(Dataset entries)
# # # # #

-- ===== src/Runtime/World/Occupied.antt =====
-- src/runtime.rs: before a shutdown an actor that has taken a message keeps its worker.
use runact.Prelude.{
  ℕ, ◌<◌, ◌≤◌, ◌≡◌, ap, subst, inl, inr, Bool, true, false, some, List, [], ◌∷◌, ◌++◌, get_elem?,
  get_elem?-modify, modify, set, All, All-set, arith,
}
use runact.Any.{Types, Any}
use runact.Channel.{Channels}
use runact.Scheduler.WorkStealing.{Scheduler}
use runact.Scheduler.WorkStealing.Held.{busy}
use runact.Runtime.{MessageEnvelope, ActorTask}
use runact.Runtime.World.{LoopPc, leaving, receiving, Loop, Actors, World, Mail, taken}
use runact.Runtime.World.Exclusive.{loop_of}

module _ {u : Types} where
  -- Not on the way out of the loop, nor about to look whether it shall go.
  abbrev pub is_going : {S : Type 0} → LoopPc u S → Bool
  is_going (receiving true s) = false
  is_going leaving = false
  is_going pc = true

  abbrev pub some_taken : List (MessageEnvelope u) → ℕ
  some_taken [] = 0
  some_taken (e ∷ es) = 1

  -- Whether the loop of a mailbox has taken a message.
  abbrev pub started : Mail u → ℕ
  started x = some_taken x.handled

  pub some_taken-le : (es : List (MessageEnvelope u)) → some_taken es ≤ 1
  some_taken-le [] = omega arith
  some_taken-le (e ∷ es) = omega arith

  pub started-le : (x : Mail u) → started x ≤ 1
  started-le x = some_taken-le x.handled

  -- A loop that has taken a message holds a worker, or has taken it with it in a panic.
  abbrev pub Held : List (Mail u) → Scheduler ActorTask → Type 0
  Held mail s = (m : ℕ) (x : Mail u) → get_elem? mail m ≡ some x → started x ≤ busy (loop_of m) s

  pub modify-Held :
      (mail : List (Mail u)) (s : Scheduler ActorTask) (i : ℕ) (f : Mail u → Mail u)
      → ((x : Mail u) → started (f x) ≤ started x)
      → Held mail s
      → Held (modify mail i f) s
  modify-Held mail s i f same h m x at =
      let (y, at', e) = get_elem?-modify mail i m f x at in
      elim e [
        | inl e ↦ omega (arith, h m y at', ap started e)
        | inr (_, e) ↦ omega (arith, h m y at', ap started e, same y)
      ]

  pub taken-Held :
      (mail : List (Mail u)) (s : Scheduler ActorTask) (i : ℕ) (e : MessageEnvelope u)
      → 1 ≤ busy (loop_of i) s
      → Held mail s
      → Held (taken i e mail) s
  taken-Held mail s i e one h m x at =
      let f : Mail u → Mail u = λ x. record x { handled = x.handled ++ e ∷ [] } in
      let (y, at', e) = get_elem?-modify mail i m f x at in
      elim e [
        | inl e ↦ omega (arith, h m y at', ap started e)
        | inr (here, e) ↦
            subst (λ k. started x ≤ busy (loop_of k) s) here (omega (arith, one, started-le x))
      ]

  pub busier-Held :
      (mail : List (Mail u)) (s s' : Scheduler ActorTask)
      → ((m : ℕ) → busy (loop_of m) s ≤ busy (loop_of m) s')
      → Held mail s
      → Held mail s'
  busier-Held mail s s' more h m x at = omega (arith, h m x at, more m)

module _ {u : Types} {ch : Channels (MessageEnvelope u)} {rch : Channels (Any u)}
    {A : Actors u} where
  pub record IsOccupied (w : World ch rch A) : Type 0 where
    pub on : w.runtime.stop ≡ false
    pub going : All (λ (l : Loop A). is_going l.pc ≡ true) w.loops
    pub senders : All (λ (c : ch.Chan). 0 < ch.senders c) w.runtime.mailboxes
    pub held : Held w.mail w.runtime.scheduler

  -- A loop goes on.
  pub set_loop-IsOccupied :
      (w : World ch rch A) (m : ℕ) (l : Loop A)
      → is_going l.pc ≡ true
      → IsOccupied w
      → IsOccupied (record w { loops = set w.loops m l })
  set_loop-IsOccupied w m l go h = record {
    on = h.on;
    going = All-set (λ (l : Loop A). is_going l.pc ≡ true) w.loops m h.going go;
    senders = h.senders;
    held = h.held;
  }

# # # # #

» Work to complete: Retrieve every line above holding the word "Actors".

» Written response:
use runact.Runtime.World.{LoopPc, leaving, receiving, Loop, Actors, World, Mail, taken}
    {A : Actors u} where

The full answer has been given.